After Diller said on Monday that he would split his clunkily named IAC/InterActiveCorp into five separately traded companies, the stock rose 7.5%.
Goldman Sachs analyst Anthony Noto quickly removed his 10% “conglomerate discount” on the stock, thus his price target on IAC/InterActiveCorp shares rose from $32 to $33. The stock closed Thursday at $29.67.
Likewise, RBC Capital Markets analyst Jordan Rohan removed his conglomerate discount, which he had pegged at 15%, so his target was lifted to $32 from $30.
The five new companies are: IAC, which houses Ask.com, Match.com, CitySearch and others; Ticketmaster; HSN; LendingTree; and Interval International, which houses the travel assets.
With such varied assets all under the one IAC/InterActiveCorp umbrella, investors found it difficult to gauge growth potential, hence the aforementioned “conglomerate discount.”

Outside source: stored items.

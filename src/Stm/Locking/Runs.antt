-- ===== src/Stm/Locking/Runs.antt =====
-- `stm_get` and `stm_put` where the data lies, as sequences of the steps.
use mathlib.Core.Path.{subst}
use native.Mathlib.Nat.{add-mod_right, mul-mod_left}
use cluster_stm.Common.{
  ◌∙◌, ℕ, zero, suc, ◌+◌, ◌-◌, ◌/◌, ◌%◌, ◌^◌, ◌<◌, ◌≡◌, sym, inl, inr, true, false, ◌==◌,
  if◌then◌else◌, arith, ap, Bool-cases, ltb,
}
use cluster_stm.Stm.Types.{
  Run, ok, >>=-eq-ok, ok-injective, LockType, read, write, Config, Status, succeed, fail, succeeded,
}
use cluster_stm.Stm.Meta.{share_size_bytes}
use cluster_stm.Stm.Node.{Libs, Node, share_bytes}
use cluster_stm.Stm.Open.{open_block, open_loop, open_local}
use cluster_stm.Stm.Copy.{
  copy_chunk, copy_loop, memcpy, memcpy_wb, copy_out, copy_in, get_local, put_local, when_opened,
}
use cluster_stm.Stm.Locking.Addresses.{IsAligned}
use cluster_stm.Stm.Locking.Steps.{open_step, chunk_step, memcpy_step, Reach, later}

-- No operation changes how the metadata is laid out.
pub open_block-share :
    {l : Libs} (c : Config) (n : Node l) (p a : ℕ) (t : LockType)
    → (open_block c n p a t).0.share_power ≡ n.share_power
unfolding open_block
open_block-share c n p a read = ground arith
open_block-share c n p a write = ground arith

pub open_loop_done :
    {l : Libs} (c : Config) (fuel : ℕ) (n : Node l) (p a count limit : ℕ) (t : LockType)
    → ltb count limit ≡ false
    → open_loop c (suc fuel) n p a count limit t ≡ ok (n, succeed)
unfolding open_loop
open_loop_done c fuel n p a count limit t h = rw h

pub open_loop_more :
    {l : Libs} (c : Config) (fuel : ℕ) (n : Node l) (p a count limit : ℕ) (t : LockType)
    → ltb count limit ≡ true
    → open_loop c (suc fuel) n p a count limit t ≡ (
        if succeeded (open_block c n p a t).1
        then open_loop c fuel
            (open_block c n p a t).0
            p
            (a + share_bytes n)
            ((count + share_bytes n) % 2 ^ 32)
            limit
            t
        else ok ((open_block c n p a t).0, fail))
unfolding open_loop
open_loop_more c fuel n p a count limit t h = rw h

pub next-IsAligned : (s a : ℕ) → IsAligned s a → IsAligned s (a + share_size_bytes s)
next-IsAligned s a al = add-mod_right a (share_size_bytes s) ∙ al

-- What every result of a run has.
module _ {l : Libs} (R : Node l → Type 0) where
  abbrev pub Gives : Run (Node l × Status) → Type 0
  Gives r = (n' : Node l) (status : Status) → r ≡ ok (n', status) → R n'

  abbrev pub Copies : Run (Node l) → Type 0
  Copies r = (n' : Node l) → r ≡ ok n' → R n'

  abbrev pub OpensKeep : Config → ℕ → LockType → Type 0
  OpensKeep c p t =
      (n : Node l) (a : ℕ) → IsAligned n.share_power a → R n → R (open_block c n p a t).0

  -- What the accesses of processor `p` for one type keep: its opens and its copies, which go
  -- through the write buffers where there are any.
  pub record IsKept (c : Config) (p : ℕ) (t : LockType) : Type 0 where
    pub opens : (n : Node l) (a : ℕ) → IsAligned n.share_power a → R n → R (open_block c n p a t).0
    pub chunks :
        (n n' : Node l) (a offset prv count : ℕ)
        → copy_chunk n p a offset prv count t ≡ ok n'
        → R n
        → R n'
    pub copies :
        c.write_buffering ≡ false
        → (n : Node l) (dest src nbytes : ℕ) → R n
        → R (memcpy n dest src nbytes)

module _ {l : Libs} (R : Node l → Type 0) where
  ok-Gives : {n : Node l} (s : Status) → R n → Gives R (ok (n, s))
  ok-Gives s r n' s' h = subst R (ap (λ (x : Node l × Status). x.0) (ok-injective h)) r

  ok-Copies : {n : Node l} → R n → Copies R (ok n)
  ok-Copies r n' h = subst R (ok-injective h) r

  when_opened-Gives :
      (r : Node l × Status) (copy : Node l → Run (Node l))
      → R r.0
      → ((n : Node l) → R n → Copies R (copy n))
      → Gives R (when_opened r copy)
  unfolding when_opened
  when_opened-Gives (n, succeed) copy r by n' status h =
      let (m, copied, rest) = >>=-eq-ok (copy n) _ h in
      ok-Gives succeed (by n r m copied) n' status rest
  when_opened-Gives (n, fail) copy r by n' status h = ok-Gives fail r n' status h

module _ {l : Libs} (R : Node l → Type 0) (c : Config) (p : ℕ) (t : LockType)
    (opens : OpensKeep R c p t) where
  open_loop-Gives :
      (fuel : ℕ) (n : Node l) (a count limit : ℕ)
      → IsAligned n.share_power a
      → R n
      → Gives R (open_loop c fuel n p a count limit t)
  open_loop-Gives zero n a count limit al r = unfold open_loop in λ n' s h. absurd (cc)
  open_loop-Gives (suc fuel) n a count limit al r = elim (Bool-cases (ltb count limit)) [
    | inr done ↦ rw (open_loop_done c fuel n p a count limit t done) (ok-Gives R _ r)
    | inl more ↦
        let r' = opens n a al r in
        rw (open_loop_more c fuel n p a count limit t more)
          (elim (Bool-cases (succeeded (open_block c n p a t).1)) [
            | inl won ↦ rw won (
                open_loop-Gives fuel (open_block c n p a t).0 (a + share_bytes n)
                  ((count + share_bytes n) % 2 ^ 32) limit
                  (subst (λ s. IsAligned s (a + share_bytes n)) (sym (open_block-share c n p a t))
                    (next-IsAligned n.share_power a al))
                  r')
            | inr lost ↦ rw lost (ok-Gives R _ r')
          ])
  ]

  pub open_local-Gives :
      (fuel : ℕ) (n : Node l) (loc nbytes : ℕ) → R n → Gives R (open_local c fuel n p loc nbytes t)
  unfolding open_local
  open_local-Gives fuel n loc nbytes r =
      open_loop-Gives fuel n _ _ _ (mul-mod_left (loc / share_bytes n) (share_bytes n)) r

module _ {l : Libs} {R : Node l → Type 0} {c : Config} {p : ℕ} where
  module _ {t : LockType} (k : IsKept R c p t) where
    copy_loop-Copies :
        (fuel : ℕ) (n : Node l) (a prv num_copied nbytes : ℕ)
        → R n
        → Copies R (copy_loop fuel n p a prv num_copied nbytes t)
    unfolding copy_loop
    copy_loop-Copies zero n a prv copied nbytes r = λ n' h. absurd (cc)
    copy_loop-Copies (suc fuel) n a prv copied nbytes r = elim (Bool-cases (nbytes - copied == 0)) [
      | inl done ↦ rw done (ok-Copies R r)
      | inr more ↦ rw more (λ n' h.
          let (m, one, rest) = >>=-eq-ok _ _ h in
          copy_loop-Copies fuel m _ _ _ nbytes (k.chunks n m _ _ _ _ one r) n' rest)
    ]

    pub memcpy_wb-Copies :
        (fuel : ℕ) (n : Node l) (tx prv nbytes : ℕ)
        → R n
        → Copies R (memcpy_wb fuel n p tx prv nbytes t)
    unfolding memcpy_wb
    memcpy_wb-Copies fuel n tx prv nbytes r n' h =
        let (m, one, rest) = >>=-eq-ok _ _ h in
        copy_loop-Copies fuel m _ _ _ nbytes (k.chunks n m _ _ _ _ one r) n' rest

  copy_out-Copies :
      IsKept R c p read
      → (fuel : ℕ) (n : Node l) (dest src nbytes : ℕ) → R n
      → Copies R (copy_out c fuel n p dest src nbytes)
  unfolding copy_out
  copy_out-Copies k fuel n dest src nbytes r = elim (Bool-cases c.write_buffering) [
    | inl wb ↦ simp wb (memcpy_wb-Copies k fuel n src dest nbytes r)
    | inr direct ↦ simp direct (ok-Copies R (k.copies direct n dest src nbytes r))
  ]

  copy_in-Copies :
      IsKept R c p write
      → (fuel : ℕ) (n : Node l) (dest src nbytes : ℕ) → R n
      → Copies R (copy_in c fuel n p dest src nbytes)
  unfolding copy_in
  copy_in-Copies k fuel n dest src nbytes r = elim (Bool-cases c.write_buffering) [
    | inl wb ↦ simp wb (memcpy_wb-Copies k fuel n dest src nbytes r)
    | inr direct ↦ simp direct (ok-Copies R (k.copies direct n dest src nbytes r))
  ]

  -- What each access keeps, `stm_get` of the processor's own memory keeps, if it ends.
  pub get_local-Gives :
      IsKept R c p read
      → (fuel : ℕ) (n : Node l) (dest src nbytes : ℕ) → R n
      → Gives R (get_local c fuel n p dest src nbytes)
  unfolding get_local
  get_local-Gives k fuel n dest src nbytes r n' status h =
      let (m, opened, rest) = >>=-eq-ok (open_local c fuel n p src nbytes read) _ h in
      when_opened-Gives R m _
        (open_local-Gives R c p read k.opens fuel n src nbytes r m.0 m.1 opened)
        (λ n'' by. copy_out-Copies k fuel n'' dest src nbytes by) n' status rest

  -- The same for `stm_put`.
  pub put_local-Gives :
      IsKept R c p write
      → (fuel : ℕ) (n : Node l) (dest src nbytes : ℕ) → R n
      → Gives R (put_local c fuel n p dest src nbytes)
  unfolding put_local
  put_local-Gives k fuel n dest src nbytes r n' status h =
      let (m, opened, rest) = >>=-eq-ok (open_local c fuel n p dest nbytes write) _ h in
      when_opened-Gives R m _
        (open_local-Gives R c p write k.opens fuel n dest nbytes r m.0 m.1 opened)
        (λ n'' by. copy_in-Copies k fuel n'' dest src nbytes by) n' status rest

module _ {l : Libs} {c : Config} {procs p : ℕ} (lt : p < procs) {n₀ : Node l} where
  steps-IsKept : (t : LockType) → IsKept (Reach c procs n₀) c p t
  steps-IsKept t = record {
    opens = λ n a al r. later r (open_step p a t lt al);
    chunks = λ n n' a offset prv count e r. later r (chunk_step p a offset prv count t e);
    copies = λ _ n dest src nbytes r. later r (memcpy_step dest src nbytes);
  }

  -- When `stm_get` of the processor's own memory ends with an answer, all that it did is a sequence
  -- of steps.
  pub get_local-Reach :
      (fuel : ℕ) (n : Node l) (dest src nbytes : ℕ)
      → Reach c procs n₀ n
      → Gives (Reach c procs n₀) (get_local c fuel n p dest src nbytes)
  get_local-Reach = get_local-Gives (steps-IsKept read)

  -- When `stm_put` to the processor's own memory ends with an answer, all that it did is a sequence
  -- of steps.
  pub put_local-Reach :
      (fuel : ℕ) (n : Node l) (dest src nbytes : ℕ)
      → Reach c procs n₀ n
      → Gives (Reach c procs n₀) (put_local c fuel n p dest src nbytes)
  put_local-Reach = put_local-Gives (steps-IsKept write)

Plus, why should investors interested in profiting from a fast-growing search engine like Ask.com be saddled with an online real estate firm like LendingTree? Or so goes the thinking.
Soon — probably by mid 2008 — investors can pick and choose their Diller-related investments and each of the five entities can use their own shares as currency for making acquisitions.
“The new structure should increase the simplicity of the investment decision and transparency of trends,” Noto said.
Rohan added that separate stocks could have the added benefit of more closely aligning employee performance with the success of the shares of the corresponding companies they’ll now work for.
Except, perhaps, if they work for LendingTree, a business severely hampered by the tumbling real estate market. Rohan, in fact, assigns a zero per-share valuation to the LendingTree business.
He thus gets to his $32 valuation by assigning the following per-share valuations to each of the businesses: $10 for Ticketmaster, $7 for HSN, $5 for Interval and $8 for IAC. Plus, as noted, an additional 15% for the removal of the conglomerate discount.
He warns, however: “We have seen some conglomerate unwindings not unlock value. For example, CBS and Viacom.”